A Charity, like a Church is a business that somebody opens. Charities don't appear spontaneously due to human outcry - they are planned out exactly as any business would be including the expected reward for those who are going to put in the effort to get it started.

I'll go out on a limb and opinionate™ that only 10% of all the charities that register each year have any kind of a care about anything beyond their own success. Sure, there are some (Salvation Army is a good example) that are way on the up and up, pay their management a salary that reflects a true charity and spends most of their money doing the good deed thingy. Researching charities can be very enlightening.

We donated to the Salvation Army for many years. We also donated to a group of volunteer doctors named "Operation Smile" to pay for a group of trained professionals to do surgical procedures to children with cleft palates and/or hare lip at no cost to them. The local Salvation Army was caught misusing donated funds and the Operation Smile organization hired a million dollar a year Asian CEO. Since then we've donated little to anyone except UNICEF.
 
I used to give to local charities that called me, but then I researched them and found out that they were mostly administrative costs.

Likewise, I gave a small donation to my alma mater. It was followed by a barage of glossy mail and phone calls that more than ate up the donation. I told them to stop wasting the money; they agreed, and then kept it up anyway. Now I just don't answer, or I inform them that I don't give over the phone.
 
I used to give to local charities that called me, but then I researched them and found out that they were mostly administrative costs.

Likewise, I gave a small donation to my alma mater. It was followed by a barage of glossy mail and phone calls that more than ate up the donation. I told them to stop wasting the money; they agreed, and then kept it up anyway. Now I just don't answer, or I inform them that I don't give over the phone.
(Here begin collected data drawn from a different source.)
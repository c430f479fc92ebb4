-- ===== src/Tcp/Tests.antt =====
-- The receiving side of TCP in kernel/net/net_stack.c, at a packet with two bytes.
use next_os.Prelude.{ℕ, refl, inr, List, [], ◌∷◌, replicate, length-replicate, arith}
use next_os.Tcp.{RxBuffer, established, Tcp, tcp_rx_buf_size}
use next_os.Tcp.Ring.{IsRing}
use next_os.Tcp.Stream.{Event, packet, read, run, Delivered, run-Delivered}

abbrev empty : RxBuffer
empty = record { buf = replicate tcp_rx_buf_size 0; head = 0; tail = 0 }

abbrev connection : Tcp
connection = record {
  state = established;
  remote_ip = 9;
  local_port = 5;
  remote_port = 80;
  local_seq = 1;
  local_ack = 100;
  remote_seq = 100;
  rx = empty;
}

-- Two bytes from sequence number 100 on.
abbrev two_bytes : List ℕ
two_bytes =
    0 ∷ 80 ∷ 0 ∷ 5 ∷ 0 ∷ 0 ∷ 0 ∷ 100 ∷ 0 ∷ 0 ∷ 0 ∷ 1 ∷ 80 ∷ 24 ∷ 32 ∷ 0 ∷ 0 ∷ 0 ∷ 0 ∷ 0 ∷ 7 ∷ 8 ∷ []

empty-IsRing : IsRing empty
empty-IsRing = record {
  sized = length-replicate {A = ℕ} tcp_rx_buf_size 0;
  head_in = omega arith;
  tail_in = omega arith;
}

abbrev events : List Event
events = packet 9 two_bytes ∷ read 1 ∷ []

run-Delivered_example :
    Delivered (7 ∷ 8 ∷ 6 ∷ []) 100 (run events connection).1 (run events connection).0
run-Delivered_example =
    run-Delivered (7 ∷ 8 ∷ 6 ∷ []) 100 (omega arith) events connection refl empty-IsRing refl refl
      (inr (0, omega arith, refl, refl, omega arith), (tt, tt))
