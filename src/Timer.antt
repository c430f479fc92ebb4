-- ===== src/Timer.antt =====
-- kernel/drivers/timer.c, the timer. The ports that `timer_init` writes are a list, in order.
pub mod Sleep
mod Tests
use next_os.Prelude.{
  ℕ, zero, suc, ◌+◌, ◌*◌, ◌/◌, ◌%◌, ◌^◌, Bool, true, false, Option, none, some, List, [], ◌∷◌, ltb,
  ◌==◌, if◌then◌else◌,
}
use next_os.Prelude.Words.{word_mod}
use next_os.Prelude.Outcome.{Outcome, fault, error, done}

pub record Timer : Type 0 where
  pub tick_count : ℕ
  pub timer_freq : ℕ

unfoldable pub timer_irq : Timer → Timer
timer_irq t = record t { tick_count = (t.tick_count + 1) % word_mod }

-- `timer_init`: the new state and the writes, each a port and a byte. A frequency of 0 divides by 0.
unfoldable pub timer_init : Timer → ℕ → Outcome (Timer × List (ℕ × ℕ))
timer_init t freq_hz =
    let divisor = 1193180 / freq_hz in
    if freq_hz == 0
    then fault
    else done (
      record t { timer_freq = freq_hz },
      (0x43, 0x36) ∷ (0x40, divisor % 256) ∷ (0x40, divisor / 256 % 256) ∷ [],
    )

unfoldable pub sleep_target : Timer → ℕ → ℕ
sleep_target t ms = (t.tick_count + ms * t.timer_freq % word_mod / 1000) % word_mod

-- An interrupt that comes: that of the timer, or another.
pub data Wake : Type 0 where
  tick other : Wake

unfoldable pub after_wake : Wake → Timer → Timer
after_wake tick t = timer_irq t
after_wake other t = t

unfoldable pub after_wakes : List Wake → Timer → Timer
after_wakes [] t = t
after_wakes (w ∷ ws) t = after_wakes ws (after_wake w t)

-- The interrupts of a round of the loop of `timer_sleep_ms`: those between the test and `hlt`, which
-- do not wake the processor from it, the one that does, and those from there to the next test.
pub record Round : Type 0 where
  pub before : List Wake
  pub wake : Wake
  pub behind : List Wake

unfoldable pub after_round : Round → Timer → Timer
after_round r t = after_wakes r.behind (after_wake r.wake (after_wakes r.before t))

-- The loop of `timer_sleep_ms`, over the rounds of interrupts; `none` says that it goes on behind
-- them.
unfoldable pub wait_until : ℕ → List Round → Timer → Option Timer
wait_until target [] t = if ltb t.tick_count target then none else some t
wait_until target (r ∷ rs) t =
    let rest = wait_until target rs (after_round r t) in
    if ltb t.tick_count target then rest else some t

-- `timer_sleep_ms`; `early` are the interrupts between the computation of the target and the first
-- test.
unfoldable pub timer_sleep_ms : Timer → ℕ → List Wake → List Round → Option Timer
timer_sleep_ms t ms early rs = wait_until (sleep_target t ms) rs (after_wakes early t)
I know exactly what you mean. Over the last 20 or so years periodically a friend or old acquantance has died and several have requested that instead of flowers they would like to help certain charities. We usually send about what we would have spent on a floral arrangement. So help me we still get flyers or pamphlets from some as far back as 10-15 years. I know they've more than spent what we originally contributed to their cause and their mail keeps showing up.
 
I know exactly what you mean. Over the last 20 or so years periodically a friend or old acquantance has died and several have requested that instead of flowers they would like to help certain charities. We usually send about what we would have spent on a floral arrangement. So help me we still get flyers or pamphlets from some as far back as 10-15 years. I know they've more than spent what we originally contributed to their cause and their mail keeps showing up.

yep, it's a real waste. i understand the reasoning, but it just seems a better idea not to send hundreds of dollars in mail to someone who donated forty bucks.
 
One of many reasons I give of my time, knowledge and labor, rather than cash.
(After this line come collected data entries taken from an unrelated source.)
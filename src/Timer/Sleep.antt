-- ===== src/Timer/Sleep.antt =====
-- `timer_sleep_ms` of kernel/drivers/timer.c.
use next_os.Prelude.{
  ℕ, zero, suc, ◌+◌, ◌*◌, ◌/◌, ◌%◌, ◌≤◌, ◌<◌, ◌≡◌, refl, sym, ap, ◌∙◌, true, false, Option, some,
  List, [], ◌∷◌, ltb, take, arith,
}
use mathlib.Core.Path.{subst}
use native.Mathlib.Decide.{dec_lt}
use next_os.Prelude.Words.{word_mod}
use next_os.Timer.{
  Timer, timer_irq, sleep_target, Wake, tick, other, after_wake, after_wakes, Round, after_round,
  wait_until, timer_sleep_ms,
}

-- The number of ticks among some interrupts.
unfoldable pub count_ticks : List Wake → ℕ
count_ticks [] = 0
count_ticks (tick ∷ ws) = suc (count_ticks ws)
count_ticks (other ∷ ws) = count_ticks ws

-- The number of ticks in some rounds.
unfoldable pub round_ticks : List Round → ℕ
round_ticks [] = 0
round_ticks (r ∷ rs) =
    count_ticks r.before + count_ticks (r.wake ∷ []) + count_ticks r.behind + round_ticks rs

-- A timer whose count is `n` further.
abbrev pub ticked : Timer → ℕ → Timer
ticked t n = record t { tick_count = t.tick_count + n }

ticked_as : (t : Timer) (m n : ℕ) → m ≡ t.tick_count + n → record t { tick_count = m } ≡ ticked t n
ticked_as t m n same = ap (λ k. record t { tick_count = k }) same

after_wakes-ticked :
    (ws : List Wake) (t : Timer)
    → t.tick_count + count_ticks ws < word_mod
    → after_wakes ws t ≡ ticked t (count_ticks ws)
unfolding after_wakes after_wake timer_irq count_ticks
after_wakes-ticked [] t small = ticked_as t t.tick_count 0 (omega arith)
after_wakes-ticked (tick ∷ ws) t small =
    let next : (t.tick_count + 1) % word_mod ≡ t.tick_count + 1 = omega arith in
    after_wakes-ticked ws (timer_irq t) (omega (arith, next))
    ∙ ticked_as t ((t.tick_count + 1) % word_mod + count_ticks ws) (suc (count_ticks ws))
        (omega (arith, next))
after_wakes-ticked (other ∷ ws) t small = after_wakes-ticked ws t small

after_round-ticked :
    (r : Round) (t : Timer)
    → t.tick_count + round_ticks (r ∷ []) < word_mod
    → after_round r t ≡ ticked t (round_ticks (r ∷ []))
unfolding after_round round_ticks after_wakes
after_round-ticked r t small =
    ap (λ q. after_wakes r.behind (after_wake r.wake q))
      (after_wakes-ticked r.before t (omega arith))
    ∙ ap (after_wakes r.behind)
        (after_wakes-ticked (r.wake ∷ []) (ticked t (count_ticks r.before)) (omega arith))
    ∙ after_wakes-ticked r.behind
        (ticked (ticked t (count_ticks r.before)) (count_ticks (r.wake ∷ []))) (omega arith)
    ∙ ticked_as t _ _ (omega arith)

-- The loop ends at its first test that finds the target reached, behind `k` rounds.
pub record EndsAfter (t : Timer) (target : ℕ) (rs : List Round) (k : ℕ) (result : Option Timer)
    : Type 0 where
  pub ended : result ≡ some (ticked t (round_ticks (take k rs)))
  pub reached : target ≤ t.tick_count + round_ticks (take k rs)
  pub not_before : (j : ℕ) → j < k → t.tick_count + round_ticks (take j rs) < target

nothing_ticks : round_ticks [] ≡ 0
unfolding round_ticks
nothing_ticks = refl

stops_at :
    (target : ℕ) (rs : List Round) (t : Timer)
    → target ≤ t.tick_count
    → EndsAfter t target rs 0 (wait_until target rs t)
unfolding wait_until round_ticks
stops_at target [] t past =
    let test : ltb t.tick_count target ≡ false = ground arith in
    record {
      ended = rw test (ap some (ticked_as t t.tick_count 0 (omega arith)));
      reached = omega arith;
      not_before = λ j none_before. absurd (omega arith);
    }
stops_at target (r ∷ rs) t past =
    let test : ltb t.tick_count target ≡ false = ground arith in
    record {
      ended = rw test (ap some (ticked_as t t.tick_count 0 (omega arith)));
      reached = omega arith;
      not_before = λ j none_before. absurd (omega arith);
    }

-- The ticks of the first rounds, with one more in front.
round_ticks-cons :
    (r : Round) (rs : List Round) → round_ticks (r ∷ rs) ≡ round_ticks (r ∷ []) + round_ticks rs
unfolding round_ticks
round_ticks-cons r rs = omega arith

not_before_cons :
    (target : ℕ) (r : Round) (rs : List Round) (t : Timer) (k : ℕ)
    → t.tick_count < target
    → ((j : ℕ) → j < k → t.tick_count + round_ticks (r ∷ []) + round_ticks (take j rs) < target)
    → (j : ℕ) → j < suc k
    → t.tick_count + round_ticks (take j (r ∷ rs)) < target
unfolding round_ticks
not_before_cons target r rs t k before rest zero lt = omega arith
not_before_cons target r rs t k before rest (suc j) lt = omega (arith, rest j (omega arith))

one_more :
    (target : ℕ) (r : Round) (rs : List Round) (t : Timer) (k : ℕ) (result : Option Timer)
    → t.tick_count < target
    → EndsAfter (ticked t (round_ticks (r ∷ []))) target rs k result
    → EndsAfter t target (r ∷ rs) (suc k) result
one_more target r rs t k result before e = record {
  ended = e.ended ∙ ap some (ticked_as t _ _ (omega (arith, round_ticks-cons r (take k rs))));
  reached = omega (arith, e.reached, round_ticks-cons r (take k rs));
  not_before = not_before_cons target r rs t k before e.not_before;
}

wait_until-goes :
    (target : ℕ) (r : Round) (rs : List Round) (t : Timer)
    → t.tick_count < target
    → wait_until target (r ∷ rs) t ≡ wait_until target rs (after_round r t)
unfolding wait_until
wait_until-goes target r rs t before =
    let test : ltb t.tick_count target ≡ true = ground arith in rw test refl

wait_until-EndsAfter :
    (target : ℕ) (rs : List Round) (t : Timer)
    → t.tick_count + round_ticks rs < word_mod
    → target ≤ t.tick_count + round_ticks rs
    → (k : ℕ) × EndsAfter t target rs k (wait_until target rs t)
wait_until-EndsAfter target [] t small enough =
    (0, stops_at target [] t (omega (arith, enough, nothing_ticks)))
wait_until-EndsAfter target (r ∷ rs) t small enough = elim (dec_lt t.tick_count target) [
  | no past ↦ (0, stops_at target (r ∷ rs) t (omega arith))
  | yes before ↦
      let sum = round_ticks-cons r rs in
      let (k, rest) =
        wait_until-EndsAfter target rs (ticked t (round_ticks (r ∷ []))) (omega (arith, sum))
          (omega (arith, sum)) in
      let step =
        wait_until-goes target r rs t before
        ∙ ap (wait_until target rs) (after_round-ticked r t (omega (arith, sum))) in
      (
        suc k,
        subst (EndsAfter t target (r ∷ rs) (suc k)) (sym step) (
            one_more target r rs t k (wait_until target rs (ticked t (round_ticks (r ∷ [])))) before
              rest),
      )
]

timer_sleep_ms_lem :
    (t : Timer) (ms : ℕ) (early : List Wake) (rs : List Round)
    → ms * t.timer_freq < word_mod
    → t.tick_count + count_ticks early < word_mod
    → t.tick_count + ms * t.timer_freq / 1000 < word_mod
    → timer_sleep_ms t ms early rs
      ≡ wait_until (t.tick_count + ms * t.timer_freq / 1000) rs (ticked t (count_ticks early))
unfolding timer_sleep_ms sleep_target
timer_sleep_ms_lem t ms early rs product count small =
    let product_kept : ms * t.timer_freq % word_mod ≡ ms * t.timer_freq = omega arith in
    let target : (t.tick_count + ms * t.timer_freq / 1000) % word_mod
        ≡ t.tick_count + ms * t.timer_freq / 1000 =
      omega arith in
    rw (product_kept, target, after_wakes-ticked early t count) refl

-- `timer_sleep_ms`, whenever the interrupts come between its tests and its waiting for one, ends as soon
-- as a test finds that the timer has ticked ms * frequency / 1000 times since the target was computed:
-- behind `k` rounds if the ticks in front of and in all of the rounds are as many, where the count
-- went on by the ticks that came up to there, as many or more, and where those up to each earlier test
-- were fewer. Neither that product nor the count reaches 2^64.
pub timer_sleep_ms-ends :
    (t : Timer) (ms : ℕ) (early : List Wake) (rs : List Round)
    → ms * t.timer_freq < word_mod
    → t.tick_count + (count_ticks early + round_ticks rs) < word_mod
    → ms * t.timer_freq / 1000 ≤ count_ticks early + round_ticks rs
    → (k : ℕ) × (timer_sleep_ms t ms early rs
        ≡ some (ticked t (count_ticks early + round_ticks (take k rs))))
      × (ms * t.timer_freq / 1000 ≤ count_ticks early + round_ticks (take k rs))
      × ((j : ℕ) → j < k → count_ticks early + round_ticks (take j rs) < ms * t.timer_freq / 1000)
timer_sleep_ms-ends t ms early rs product count enough =
    let (k, e) =
      wait_until-EndsAfter (t.tick_count + ms * t.timer_freq / 1000) rs
        (ticked t (count_ticks early)) (omega arith) (omega arith) in
    (
      k,
      timer_sleep_ms_lem t ms early rs product (omega arith) (omega arith)
          ∙ e.ended
          ∙ ap some (ticked_as t _ _ (omega arith)),
      omega (arith, e.reached),
      λ j lt. omega (arith, e.not_before j lt),
    )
St. Judes is about the only place I send a check.
 
One of many reasons I give of my time, knowledge and labor, rather than cash.

St. Judes is about the only place I send a check.

Small world...my dad's last wishes stated that any memorials be mailed to St. Judes at Memphis, TN
 
Small world...my dad's last wishes stated that any memorials be mailed to St. Judes at Memphis, TN

I looked at the link that was posted and though I would have like to see a better efficiency rating, I know way too many people who have ended up at St. Judes, and they have said nothing but the best things about them. Sometimes, you just can't put a 'rating' on that.